Work to be completed:
When the string "false" appears in a line of the records, show the whole line.

Collected data:
□ □ □ □ □ □ □
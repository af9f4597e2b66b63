-- ===== src/Plugins/Isolation.antt =====
-- Plugins that cannot touch a request: those that fail and are not enforced, and those whose
-- conditions do not hold.
use mathlib.Core.Option
use argus_mcp.Base.{
  ◌≡◌, ◌≢◌, refl, false, String, Option, none, some, List, [], ◌∷◌, ◌++◌, map, text_keys, contains,
  ap, sym, subst, Bool-cases, inl, inr,
}
use argus_mcp.Base.Dict.{Dict}
use argus_mcp.Requests.{Value, Result, plugin_error}
use argus_mcp.Plugins.Loaded.{run_loaded-Passes}
use argus_mcp.Plugins.{
  PluginConfig, PluginContext, Plugin, HookOutcome, finished, timed_out, failed, InPlace, Attempt,
  kept, touched, merged, stopped, is_enforced, is_disabled, settle, call_hook, carry, admits,
  matches_conditions, attempt, run_hook,
}

map_same :
    {V : Type 0} (f : String → V → V)
    → ((k : String) (v : V) → f k v ≡ v)
    → (d : Dict String V) → map (λ p. (p.0, f p.0 p.1)) d ≡ d
map_same f h [] = refl
map_same f h ((k, v) ∷ d) = rw (h k v, map_same f h d) refl

option_same : {V : Type 0} (f : V → V) → ((v : V) → f v ≡ v) → (o : Option V) → Option.map f o ≡ o
option_same f h none = refl
option_same f h (some v) = rw (h v) refl

elsewhere :
    (servers : List String) → servers ≢ [] → contains "" servers ≡ false → admits servers "" ≡ false
elsewhere [] n h = absurd (n refl)
elsewhere (x ∷ xs) n h = h

module _ {A R : Type 0} where
  -- What a hook that did not finish has left of the shared objects is as it was.
  abbrev pub Unchanged : InPlace A R → Type 0
  Unchanged m =
      ((k : String) (a : A) → m.argument k a ≡ a)
      × ((k : String) (v : Value) → m.metadatum k v ≡ v)
      × ((r : R) → m.outcome r ≡ r)

  -- The hook did not finish, what it raised is no `PluginError` of its own, and it has not changed
  -- the values of the snapshot in place.
  abbrev pub Fails : HookOutcome A R → Type 0
  Fails (finished ctx) = ⊥
  Fails (timed_out m) = Unchanged m
  Fails (failed m (plugin_error name hook)) = ⊥
  Fails (failed m _) = Unchanged m

  -- What the loop goes on with is what it had.
  abbrev IsIdle : Attempt A R → Type 0
  IsIdle kept = Unit
  IsIdle (touched m) = Unchanged m
  IsIdle _ = ⊥

  settle-IsIdle :
      (c : PluginConfig) (hook : String) (o : HookOutcome A R)
      → is_enforced c.execution_mode ≡ false
      → Fails o
      → IsIdle (settle c hook o)
  settle-IsIdle c hook (finished ctx) n f = elim f [ ]
  settle-IsIdle c hook (timed_out m) n f = rw n f
  settle-IsIdle c hook (failed m (plugin_error name h)) n f = elim f [ ]
  settle-IsIdle c hook (failed m _) n f = rw n f

  attempt-failing :
      (hook capability server method : String) (p : Plugin A R)
      (f : PluginContext A R → HookOutcome A R) (c : PluginContext A R)
      → p.hook hook ≡ some f
      → IsIdle (settle p.config hook (f c))
      → IsIdle (attempt hook capability server method p c)
  unfolding attempt
  attempt-failing hook capability server method p f c e h =
      let q : IsIdle (call_hook p hook (p.hook hook) c) =
        subst (λ o. IsIdle (call_hook p hook o c)) (sym e) h in
      elim (Bool-cases (matches_conditions p.config.conditions capability server method)) [
        | inr b ↦ rw b tt
        | inl b ↦ elim (Bool-cases (is_disabled p.config.execution_mode)) [
          | inl d ↦ rw (b, d) tt
          | inr d ↦ rw (b, d) q
        ]
      ]

  carry-IsIdle :
      (next : PluginContext A R → Dict String Value → Result (PluginContext A R))
      (ctx : PluginContext A R) (m : Dict String Value) (a : Attempt A R)
      → IsIdle a
      → carry next ctx m a ≡ next ctx m
  carry-IsIdle next ctx m kept h = refl
  carry-IsIdle next ctx m (touched t) (ha, hm, hr) =
      rw
        (
          map_same t.argument ha ctx.arguments,
          map_same t.metadatum hm ctx.metadata,
          map_same t.metadatum hm m,
          option_same t.outcome hr ctx.result,
        )
        refl
  carry-IsIdle next ctx m (merged c) h = elim h [ ]
  carry-IsIdle next ctx m (stopped e) h = elim h [ ]

  -- Error isolation: a plugin that is not enforced and whose hook fails on every snapshot, by a timeout
  -- or by an exception other than `PluginError`, and without a change in place to the values that the
  -- snapshot shares with the request, changes nothing of what the hook comes to, at whatever place it
  -- was loaded.
  pub run_hook-failing :
      (hook capability server method : String) (p : Plugin A R)
      (f : PluginContext A R → HookOutcome A R) (ps qs : List (Plugin A R))
      (ctx : PluginContext A R)
      → p.hook hook ≡ some f
      → ((snapshot : PluginContext A R) → Fails (f snapshot))
      → is_enforced p.config.execution_mode ≡ false
      → run_hook hook capability server method (ps ++ p ∷ qs) ctx
        ≡ run_hook hook capability server method (ps ++ qs) ctx
  unfolding run_hook
  run_hook-failing hook capability server method p f ps qs ctx e h n =
      run_loaded-Passes hook _ _ _ p
        (λ c m next.
          carry-IsIdle next c m _
            (attempt-failing hook _ _ _ p f c e (settle-IsIdle p.config hook (f c) n (h c))))
        ps qs ctx

  attempt-elsewhere :
      (hook capability server method : String) (p : Plugin A R) (ctx : PluginContext A R)
      → admits p.config.conditions.servers "" ≡ false
      → server ≡ ""
      → attempt hook capability server method p ctx ≡ kept
  unfolding attempt matches_conditions
  attempt-elsewhere hook capability server method p ctx h e = rw (e, h) refl

  -- A plugin that is restricted to servers does not run at a hook that is run before the server of
  -- the request is known, with no server in the call or in the context, even if plugins before it put
  -- a server into the accumulated context: wherever it was loaded, the hook comes to the same without
  -- it.
  pub run_hook-elsewhere :
      (hook capability method : String) (p : Plugin A R) (ps qs : List (Plugin A R))
      (ctx : PluginContext A R)
      → p.config.conditions.servers ≢ []
      → contains "" p.config.conditions.servers ≡ false
      → ctx.server_name ≡ ""
      → run_hook hook capability "" method (ps ++ p ∷ qs) ctx
        ≡ run_hook hook capability "" method (ps ++ qs) ctx
  unfolding run_hook
  run_hook-elsewhere hook capability method p ps qs ctx n h e =
      run_loaded-Passes hook _ ctx.server_name _ p
        (λ c m next. ap (carry next c m) (
          attempt-elsewhere hook _ ctx.server_name _ p c (elsewhere p.config.conditions.servers n h)
            e))
        ps qs ctx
□ □ □ □ □ □ □
Solution:
  ◌≡◌, ◌≢◌, refl, false, String, Option, none, some, List, [], ◌∷◌, ◌++◌, map, text_keys, contains,
    (servers : List String) → servers ≢ [] → contains "" servers ≡ false → admits servers "" ≡ false
      → is_enforced c.execution_mode ≡ false
      → is_enforced p.config.execution_mode ≡ false
      → admits p.config.conditions.servers "" ≡ false
      → contains "" p.config.conditions.servers ≡ false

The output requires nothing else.